Jack Johnson: This may be a controversial choice as Johnson has become the scourge of advanced stats advocates and understandably so. Johnson’s advanced metrics like Corsi and Fenwick are not good. That said, it’s fairly clear that the Blue Jackets view him as a key player. He averages more ice time than anyone on the team and is utilized in very difficult defensive situations. For what it’s worth, the head coach trusts him. Though Johnson really struggled in the first half of the season, costing him a spot on the U.S. Olympic team, he really played well in the latter half. Maybe it was motivation. Additionally, Johnson was arguably the best of the Blue Jackets during the playoffs with seven points in six games while averaging over 29 minutes of ice time per game. Perhaps he's being over-used, but Todd Richards said something rather interesting about Johnson, stating that the team’s turnaround actually started when they traded Jeff Carter, who admittedly hated it in Columbus, and brought in Johnson. The two-way defenseman is going to remain a divisive player among fans, but apparently not for his team. How he was acquired: Traded from the Los Angeles Kings with a first-round pick for Jeff Carter on February 23, 2012

Ryan Murray: Like Horton, a player that’s tough to fully gauge due to injuries last season, it’s still pretty clear that Murray has a bright future with the Blue Jackets. At 20 years old he was averaging top-four minutes for the Jackets and having been the former second overall pick, the team is going to give him every opportunity to succeed. In 66 games last season, he posted 21 points. In five playoff games, Murray averaged nearly 23 minutes a game. After getting his first taste of the NHL last year, more should be expected from the oft-injured Murray. Considering how much time he lost to various injuries in junior hockey, his continued development is somewhat of a marvel. If he remains on this track, he’ll be the Blue Jackets No. 1 defenseman before long. How he was acquired: 2012 NHL Entry Draft, first round, second overall

Scott Hartnell: This last spot included some heavy internal debate, but it feels like Hartnell is another player that can help make the Blue Jackets both edgier and more productive as a whole. After putting up 52 points for the Flyers last year and having 537 career points under his belt, Hartnell should boost the offense by a fair amount as a top-six winger. Having centers like either Ryan Johansen or Brandon Dubinsky, he should be able to put up some points. Hartnell also brings a hearty dose of playoff experience, which is something the Jackets certainly could have used more of. He might be on the wrong side of 30 and he may not produce like he was able to in Philadelphia, but with five years remaining on his contract, the Jackets will have to squeeze everything they can out of Hartnell as he enters the downside of his career. It will be known pretty immediately what kind of impact he’ll have on the club. How he was acquired: Traded from the Philadelphia Flyers for R.J. Umberger on June 23, 2014

Who’s next in line

Boone Jenner is part of the next wave of youth for Columbus. (USATSI)
Boone Jenner is part of the next wave of youth for Columbus. (USATSI)
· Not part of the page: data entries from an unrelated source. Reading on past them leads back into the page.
-- ===== src/Graphql/Isolated.antt =====
-- What the requests of other users leave of a user's rows.
use omnivore_go.Prelude.First.{first}
use omnivore_go.Graphql.Reads.{is_own}
use omnivore_go.Prelude.{
  ℕ, some, sym, Text, text_eq, text_eq→eq, false, ◌||◌, ◌&&◌, not, All, List, ◌∷◌, map, Option, ◌≡◌,
  ◌⊎◌, refl, arith, Bool-cases, inl, inr,
}
use omnivore_go.Graphql.Tables.{
  reassigned, assigned_names, name_labels, stored, get_item, Label, Highlight, LibraryItem, Store,
  Outside, Call, put_item, put_highlight, has, is_same_label, is_same_highlight, insert_label,
  update_item, set_item_labels, insert_highlight, update_highlight, delete_highlight,
}
use omnivore_go.Graphql.Resolver.{new_label, Request, serve_all}
use omnivore_go.Graphql.Served.{serve_all-Keeps}
use omnivore_go.Graphql.Rules.{Rule, MayBy}
use omnivore_go.Graphql.Own.{
  Same, Isolated, IsKeyed, item_ids, items_of, Isolated-trans, beside, select-map, select-select,
}
use omnivore_go.Graphql.Links.{not_theirs, select-reassigned, items_written}

unchanged : (v : Text) (s : Store) → Isolated v s s
unchanged v s = (refl, λ keyed. (refl, refl, refl, refl))

module _ (v : Text) (outside : Outside) where
  insert_label-Isolated :
      (l : Label) (s : Store)
      → text_eq l.user_id v ≡ false
      → Isolated v s (insert_label outside l s).1
  unfolding insert_label
  insert_label-Isolated l s h =
      elim (Bool-cases (outside.fails Call.call_create_label s || has (is_same_label l) s.labels)) [
        | inl e ↦ rw e (unchanged v s)
        | inr e ↦ rw e (beside v s (record s { labels = l ∷ s.labels }) refl refl (rw h refl) refl)
      ]

  put_item-id : (u : Text) (i r : LibraryItem) → (put_item u i r).id ≡ r.id
  unfolding put_item
  put_item-id u i r = elim (Bool-cases (text_eq r.id i.id && text_eq r.user_id u)) [
    | inl e ↦ rw e (sym (text_eq→eq r.id i.id (ground (arith, e))))
    | inr e ↦ rw e refl
  ]

  put_item-other :
      (u : Text) (i : LibraryItem)
      → text_eq u v ≡ false
      → i.user_id ≡ u
      → (r : LibraryItem)
      → (put_item u i r ≡ r)
        ⊎ ((text_eq r.user_id v ≡ false) × (text_eq (put_item u i r).user_id v ≡ false))
  unfolding put_item
  put_item-other u i other owned r = elim (Bool-cases (text_eq r.id i.id && text_eq r.user_id u)) [
    | inl e ↦
        let same = text_eq→eq r.user_id u (ground (arith, e)) in
        rw e (inr (rw same other, rw owned other))
    | inr e ↦ rw e (inl refl)
  ]

  update_item-Isolated :
      (u : Text) (i : LibraryItem) (s : Store)
      → text_eq u v ≡ false
      → i.user_id ≡ u
      → Isolated v s (update_item outside u i s).1
  unfolding update_item stored
  update_item-Isolated u i s other owned =
      let new = record (stored outside i) { updated_at = outside.saved_now s } in
      elim (Bool-cases (outside.fails Call.call_update_item s)) [
        | inl e ↦ rw e (unchanged v s)
        | inr e ↦ rw e (
            items_written v (put_item u new) s (record s { items = map (put_item u new) s.items })
              refl refl refl (put_item-id u new) (put_item-other u new other owned) (λ keyed. refl))
      ]

  name_labels-id :
      (u item : Text) (names : List Text) (at : ℕ) (r : LibraryItem)
      → (name_labels u item names at r).id ≡ r.id
  unfolding name_labels
  name_labels-id u item names at r = elim (Bool-cases (text_eq r.id item && text_eq r.user_id u)) [
    | inl e ↦ rw e refl
    | inr e ↦ rw e refl
  ]

  name_labels-other :
      (u item : Text) (names : List Text) (at : ℕ)
      → text_eq u v ≡ false
      → (r : LibraryItem)
      → (name_labels u item names at r ≡ r)
        ⊎ ((text_eq r.user_id v ≡ false)
            × (text_eq (name_labels u item names at r).user_id v ≡ false))
  unfolding name_labels
  name_labels-other u item names at other r =
      elim (Bool-cases (text_eq r.id item && text_eq r.user_id u)) [
        | inl e ↦
            let same = text_eq→eq r.user_id u (ground (arith, e)) in
            rw e (inr (rw same other, rw same other))
        | inr e ↦ rw e (inl refl)
      ]

  found_first :
      (u item : Text) (row : LibraryItem) (s : Store)
      → get_item outside u item s ≡ some row
      → first (is_own u item) s.items ≡ some row
  unfolding get_item
  found_first u item row s h = elim (Bool-cases (outside.fails Call.call_get_item s)) [
    | inl e ↦ let bad = rw e at h in absurd (cc)
    | inr e ↦ rw e at h
  ]

  set_item_labels-Isolated :
      (u item : Text) (ids : List Text) (row : LibraryItem) (s : Store)
      → text_eq u v ≡ false
      → get_item outside u item s ≡ some row
      → Isolated v s (set_item_labels outside u item ids s).1
  unfolding set_item_labels
  set_item_labels-Isolated u item ids row s other found =
      let links = reassigned item ids s.assigned in
      let f =
        name_labels u item (assigned_names outside u item links s.labels) (outside.saved_now s) in
      elim (Bool-cases (outside.fails Call.call_set_labels s)) [
        | inl e ↦ rw e (unchanged v s)
        | inr e ↦ rw e (
            items_written v f s (record s { assigned = links; items = map f s.items }) refl refl
              refl (name_labels-id u item _ _) (name_labels-other u item _ _ other)
              (λ keyed.
                select-reassigned (λ i. has (λ r. text_eq r.id i) (items_of v s)) item
                  (not_theirs v u item row s.items other keyed (found_first u item row s found)) ids
                  s.assigned))
      ]

  insert_highlight-Isolated :
      (h : Highlight) (s : Store)
      → text_eq h.user_id v ≡ false
      → Isolated v s (insert_highlight outside h s).1
  unfolding insert_highlight
  insert_highlight-Isolated h s other =
      let new = record h { created_at = outside.saved_now s; updated_at = outside.saved_now s } in
      elim (Bool-cases
        (outside.fails Call.call_create_highlight s || has (is_same_highlight h) s.highlights)) [
          | inl e ↦ rw e (unchanged v s)
          | inr e ↦ rw e (
              beside v s (record s { highlights = new ∷ s.highlights }) refl refl refl
                (rw other refl))
        ]

  put_highlight-other :
      (u : Text) (i : Highlight)
      → text_eq u v ≡ false
      → i.user_id ≡ u
      → (r : Highlight)
      → (put_highlight u i r ≡ r)
        ⊎ ((text_eq r.user_id v ≡ false) × (text_eq (put_highlight u i r).user_id v ≡ false))
  unfolding put_highlight
  put_highlight-other u i other owned r =
      elim (Bool-cases (text_eq r.id i.id && text_eq r.user_id u)) [
        | inl e ↦
            let same = text_eq→eq r.user_id u (ground (arith, e)) in
            rw e (inr (rw same other, rw owned other))
        | inr e ↦ rw e (inl refl)
      ]

  update_highlight-Isolated :
      (u : Text) (i : Highlight) (s : Store)
      → text_eq u v ≡ false
      → i.user_id ≡ u
      → Isolated v s (update_highlight outside u i s).1
  unfolding update_highlight
  update_highlight-Isolated u i s other owned =
      elim (Bool-cases (outside.fails Call.call_update_highlight s)) [
        | inl e ↦ rw e (unchanged v s)
        | inr e ↦ rw e (
            beside v s _ refl refl refl (
              select-map (λ r. text_eq r.user_id v) _ (put_highlight-other u _ other owned)
                s.highlights))
      ]

  kept_highlight :
      (u id : Text)
      → text_eq u v ≡ false
      → (r : Highlight) → not (text_eq r.id id && text_eq r.user_id u) ≡ false
      → text_eq r.user_id v ≡ false
  kept_highlight u id other r gone =
      let same = text_eq→eq r.user_id u (ground (arith, gone)) in rw same other

  delete_highlight-Isolated :
      (u id : Text) (s : Store)
      → text_eq u v ≡ false
      → Isolated v s (delete_highlight outside u id s).1
  unfolding delete_highlight
  delete_highlight-Isolated u id s other =
      elim (Bool-cases (outside.fails Call.call_delete_highlight s)) [
        | inl e ↦ rw e (unchanged v s)
        | inr e ↦ rw e (
            beside v s _ refl refl refl
              (select-select (λ r. text_eq r.user_id v) _ (kept_highlight u id other) s.highlights))
      ]

  isolation : Rule outside (λ u. text_eq u v ≡ false) (Isolated v)
  unfolding new_label
  isolation = record {
    same = unchanged v;
    then_again = Isolated-trans v;
    inserts_label =
        λ u input s other e. insert_label-Isolated (new_label outside u input s) s other;
    updates_item = λ u i s other owned. update_item-Isolated u i s other owned;
    sets_labels =
        λ u item ids row s other found. set_item_labels-Isolated u item ids row s other found;
    inserts_highlight = insert_highlight-Isolated;
    updates_highlight = λ u h s other owned. update_highlight-Isolated u h s other owned;
    deletes_highlight = λ u id s other. delete_highlight-Isolated u id s other;
  }

  -- Whatever the other users and callers without an account ask for, in any order and whatever
  -- fails, a user keeps the same items, labels and highlights, and the same labels at each item, if
  -- no two items have one id.
  pub serve_all-Same :
      (qs : List (Option Text × Request)) (s : Store)
      → IsKeyed (item_ids s)
      → All (λ q. MayBy outside (λ u. text_eq u v ≡ false) q.0) qs
      → Same v s (serve_all outside qs s)
  serve_all-Same qs s keyed others =
      (serve_all-Keeps outside _ (Isolated v) isolation qs s others).1 keyed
What I think is important to note about the Blue Jackets’ core is that this team has a good central group, but it’s also growing the depth around them.

Not included among the core was 21-goal scorer Cam Atkinson, who really seemed to start putting together more offense last season. Also not included is the very promising Boone Jenner, who is a likely candidate to hop into this core group in the near future. Jenner had 29 points last year as a 20-year-old and has a bit of edginess to him.

Additionally, leaving out Artem Anisimov, who also scored 20-plus goals last year was a tough call considering he was also part of the Rick Nash trade that really started to help this organization complete the shift that was already beginning. He’s just 26 and has two years left on his contract.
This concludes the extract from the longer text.